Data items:
********

-- ===== src/Security/Assessments/Sound.antt =====
-- What the tests of `Assessment.problem` and `incompatibility` of app/services/audit_comparison.py
-- leave: an audit that can be compared, and two that are comparable.
use net_ops_guard.Prelude.{
  both_true, String, Option, none, some, Bool, true, false, not, ◌&&◌, List, [], ◌∷◌, any, str_eq,
  str_eq_iff, ◌≡◌, ◌≢◌, refl, sym, ap, ◌∙◌, arith, All, Option-cases, Bool-cases, inl, inr,
  if◌then◌else◌,
}
use net_ops_guard.Security.Assessments.{
  unsupported, AuditFinding, Value, missing, text, items, flag, number, another, Manifest,
  RunStatus, Assessment, Evidence, Problem, not_completed, provenance_unavailable,
  provenance_malformed, incomplete, evidence_differs, unsupported_status, definitions_changed,
  scope_changed, manifest_of, is_true, is_nothing, is_text, same_text, same_items, same_scope,
  supported, is_completed, well_formed, matches_manifest, problem, first_problem, incompatibility,
}

-- An audit that completed, with complete coverage by its manifest, whose configuration and findings
-- have the hashes that the manifest records, and whose statuses are all known.
pub record IsSound (evidence : Evidence) (a : Assessment) : Type 0 where
  pub completed : a.run.status ≡ RunStatus.completed
  pub complete : (manifest_of a).complete ≡ flag true
  pub no_reasons : (manifest_of a).reasons ≡ items []
  pub raw : String
  pub recorded : a.run.raw_config ≡ some raw
  pub not_empty : str_eq raw "" ≡ false
  pub configuration : (manifest_of a).config_hash ≡ text (evidence.config_hash raw)
  pub snapshot : a.run.config_snapshot_hash ≡ some (evidence.config_hash raw)
  pub findings : (manifest_of a).findings_hash ≡ text (evidence.findings_digest a.findings)
  pub known : All (λ f. (s : String) → f.status ≢ unsupported s) a.findings

-- Two sound audits by the same checks, of the same policy and scope.
pub record IsComparable (evidence : Evidence) (old new : Assessment) : Type 0 where
  pub old_sound : IsSound evidence old
  pub new_sound : IsSound evidence new
  pub engine : String
  pub old_engine : (manifest_of old).engine ≡ text engine
  pub new_engine : (manifest_of new).engine ≡ text engine
  pub policy : String
  pub old_policy : (manifest_of old).policy ≡ text policy
  pub new_policy : (manifest_of new).policy ≡ text policy
  pub scope : List (Option String)
  pub old_scope : (manifest_of old).scope ≡ items scope
  pub new_scope : (manifest_of new).scope ≡ items scope

-- A test that a problem-free result has passed.
passed :
    (b : Bool) (p : Problem) (rest : Option Problem)
    → (if not b then some p else rest) ≡ none
    → (b ≡ true) × (rest ≡ none)
passed true p rest e = (refl, e)
passed false p rest e = absurd (cc e)

is_text-eq : (s : String) (v : Value) → is_text s v ≡ true → v ≡ text s
is_text-eq s (text t) h = ap text (sym ((str_eq_iff s t).0 h))
is_text-eq s missing h = absurd (cc h)
is_text-eq s (items vs) h = absurd (cc h)
is_text-eq s (flag b) h = absurd (cc h)
is_text-eq s (number n) h = absurd (cc h)
is_text-eq s another h = absurd (cc h)

is_true-eq : (v : Value) → is_true v ≡ true → v ≡ flag true
is_true-eq (flag b) h = ap flag h
is_true-eq missing h = absurd (cc h)
is_true-eq (items vs) h = absurd (cc h)
is_true-eq (text t) h = absurd (cc h)
is_true-eq (number n) h = absurd (cc h)
is_true-eq another h = absurd (cc h)

is_nothing-eq : (v : Value) → is_nothing v ≡ true → v ≡ items []
is_nothing-eq (items []) h = refl
is_nothing-eq (items (v ∷ vs)) h = absurd (cc h)
is_nothing-eq missing h = absurd (cc h)
is_nothing-eq (flag b) h = absurd (cc h)
is_nothing-eq (text t) h = absurd (cc h)
is_nothing-eq (number n) h = absurd (cc h)
is_nothing-eq another h = absurd (cc h)

same_text-eq : (u v : Value) → same_text u v ≡ true → (s : String) × (u ≡ text s) × (v ≡ text s)
same_text-eq (text s) v h = (s, refl, is_text-eq s v h)
same_text-eq (items vs) v h = absurd (cc h)
same_text-eq missing v h = absurd (cc h)
same_text-eq (flag b) v h = absurd (cc h)
same_text-eq (number n) v h = absurd (cc h)
same_text-eq another v h = absurd (cc h)

same_items-eq : (ss ts : List (Option String)) → same_items ss ts ≡ true → ts ≡ ss
unfolding same_items
same_items-eq [] [] h = refl
same_items-eq [] (t ∷ ts) h = absurd (cc h)
same_items-eq (none ∷ ss) ts h = absurd (ground (arith, h))
same_items-eq (some s ∷ ss) [] h = absurd (cc h)
same_items-eq (some s ∷ ss) (none ∷ ts) h = absurd (cc h)
same_items-eq (some s ∷ ss) (some t ∷ ts) h =
    let (first, rest) = both_true (str_eq s t) (same_items ss ts) h in
    let e : s ≡ t = (str_eq_iff s t).0 first in let e' = same_items-eq ss ts rest in cc (e, e')

same_scope-eq :
    (u v : Value)
    → same_scope u v ≡ true
    → (ss : List (Option String)) × (u ≡ items ss) × (v ≡ items ss)
unfolding same_scope
same_scope-eq (items ss) (items ts) h = (ss, refl, ap items (same_items-eq ss ts h))
same_scope-eq (items ss) missing h = absurd (cc h)
same_scope-eq (items ss) (text t) h = absurd (cc h)
same_scope-eq (items ss) (flag b) h = absurd (cc h)
same_scope-eq (items ss) (number n) h = absurd (cc h)
same_scope-eq (items ss) another h = absurd (cc h)
same_scope-eq missing v h = absurd (cc h)
same_scope-eq (text t) v h = absurd (cc h)
same_scope-eq (flag b) v h = absurd (cc h)
same_scope-eq (number n) v h = absurd (cc h)
same_scope-eq another v h = absurd (cc h)

all-known :
    (fs : List AuditFinding)
    → any (λ f. not (supported f.status)) fs ≡ false
    → All (λ f. (s : String) → f.status ≢ unsupported s) fs
all-known [] h = tt
all-known (f ∷ fs) h = elim (Bool-cases (supported f.status)) [
  | inl yes' ↦ (λ s e. absurd (cc (yes', ap supported e)), all-known fs (ground (arith, h)))
  | inr no' ↦ absurd (ground (arith, h, no'))
]

completed-eq :
    (s : RunStatus) (evidence : Evidence) → is_completed evidence s ≡ true → s ≡ RunStatus.completed
completed-eq RunStatus.completed evidence h = refl
completed-eq RunStatus.running evidence h = absurd (cc h)
completed-eq RunStatus.failed evidence h = absurd (cc h)

module _ (evidence : Evidence) where
  matches_manifest-eq :
      (a : Assessment) (m : Manifest)
      → matches_manifest evidence a m ≡ true
      → (raw : String) × (a.run.raw_config ≡ some raw)
        × (str_eq raw "" ≡ false)
        × (m.config_hash ≡ text (evidence.config_hash raw))
        × (a.run.config_snapshot_hash ≡ some (evidence.config_hash raw))
        × (m.findings_hash ≡ text (evidence.findings_digest a.findings))
  unfolding matches_manifest
  matches_manifest-eq a m h =
      let by_raw : Bool = elim a.run.raw_config [
        | none ↦ false
        | some raw ↦
            not (str_eq raw "")
            && (is_text (evidence.config_hash raw) m.config_hash
                && is_text (evidence.findings_digest a.findings) m.findings_hash)
      ] in
      let by_hash : Bool = elim a.run.config_snapshot_hash [
        | none ↦ false
        | some s ↦ is_text s m.config_hash
      ] in
      let (hashed, kept) = both_true by_raw by_hash h in
      elim (Option-cases a.run.raw_config) [
        | inl none' ↦ absurd (cc (rw none' at hashed))
        | inr (raw, some') ↦
            let hashed' : (not (str_eq raw "")
                  && (is_text (evidence.config_hash raw) m.config_hash
                      && is_text (evidence.findings_digest a.findings) m.findings_hash))
                ≡ true =
              rw some' at hashed in
            let (filled, both) = both_true (not (str_eq raw "")) _ hashed' in
            let (config, found) =
              both_true (is_text (evidence.config_hash raw) m.config_hash) _ both in
            let config' = is_text-eq (evidence.config_hash raw) m.config_hash config in
            elim (Option-cases a.run.config_snapshot_hash) [
              | inl gone ↦ absurd (cc (rw gone at kept))
              | inr (s, there) ↦
                  let kept' : is_text s m.config_hash ≡ true = rw there at kept in
                  let same : m.config_hash ≡ text s = is_text-eq s m.config_hash kept' in
                  let same' : s ≡ evidence.config_hash raw = cc (same, config') in
                  (
                    raw,
                    some',
                    ground (arith, filled),
                    config',
                    there ∙ ap some same',
                    is_text-eq (evidence.findings_digest a.findings) m.findings_hash found,
                  )
            ]
      ]

  -- An audit without a problem is sound.
  pub problem-IsSound : (a : Assessment) → problem evidence a ≡ none → IsSound evidence a
  unfolding problem
  problem-IsSound a e =
      let m = manifest_of a in
      let (done, e1) = passed (is_completed evidence a.run.status) not_completed _ e in
      let (_, e2) = passed _ provenance_unavailable _ e1 in
      let (_, e3) = passed (well_formed evidence m) provenance_malformed _ e2 in
      let (covered, e4) = passed (is_true m.complete && is_nothing m.reasons) incomplete _ e3 in
      let (matched, e5) = passed (matches_manifest evidence a m) evidence_differs _ e4 in
      let (complete, no_reasons) = both_true (is_true m.complete) _ covered in
      let (raw, recorded, not_empty, configuration, snapshot, findings) =
        matches_manifest-eq a m matched in
      record {
        completed = completed-eq a.run.status evidence done;
        complete = is_true-eq m.complete complete;
        no_reasons = is_nothing-eq m.reasons no_reasons;
        raw = raw;
        recorded = recorded;
        not_empty = not_empty;
        configuration = configuration;
        snapshot = snapshot;
        findings = findings;
        known = all-known a.findings (none_left _ unsupported_status e5);
      }
    where
      none_left : (b : Bool) (p : Problem) → (if b then some p else none) ≡ none → b ≡ false
      none_left true p h = absurd (cc h)
      none_left false p h = refl

  first_problem-none :
      (p q r : Option Problem)
      → first_problem evidence p q r ≡ none
      → (p ≡ none) × (q ≡ none) × (r ≡ none)
  unfolding first_problem
  first_problem-none (some p) q r h = absurd (cc h)
  first_problem-none none (some q) r h = absurd (cc h)
  first_problem-none none none r h = (refl, refl, h)

  -- Two audits without an incompatibility are comparable.
  pub incompatibility-IsComparable :
      (old new : Assessment)
      → incompatibility evidence old new ≡ none
      → IsComparable evidence old new
  unfolding incompatibility
  incompatibility-IsComparable old new e =
      let a = manifest_of old in
      let b = manifest_of new in
      let (p, q, r) = first_problem-none (problem evidence old) (problem evidence new) _ e in
      let (checks, r1) =
        passed (same_text a.engine b.engine && same_text a.policy b.policy) definitions_changed _
          r in
      let (scopes, _) = passed (same_scope a.scope b.scope) scope_changed none r1 in
      let (engines, policies) = both_true (same_text a.engine b.engine) _ checks in
      let (engine, old_engine, new_engine) = same_text-eq a.engine b.engine engines in
      let (policy, old_policy, new_policy) = same_text-eq a.policy b.policy policies in
      let (scope, old_scope, new_scope) = same_scope-eq a.scope b.scope scopes in
      record {
        old_sound = problem-IsSound old p;
        new_sound = problem-IsSound new q;
        engine = engine;
        old_engine = old_engine;
        new_engine = new_engine;
        policy = policy;
        old_policy = old_policy;
        new_policy = new_policy;
        scope = scope;
        old_scope = old_scope;
        new_scope = new_scope;
      }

********

**What you will do:** Every line that holds the word "elim" should be copied from the records above.

**Written response:**
all-known (f ∷ fs) h = elim (Bool-cases (supported f.status)) [
      let by_raw : Bool = elim a.run.raw_config [
      let by_hash : Bool = elim a.run.config_snapshot_hash [
      elim (Option-cases a.run.raw_config) [
            elim (Option-cases a.run.config_snapshot_hash) [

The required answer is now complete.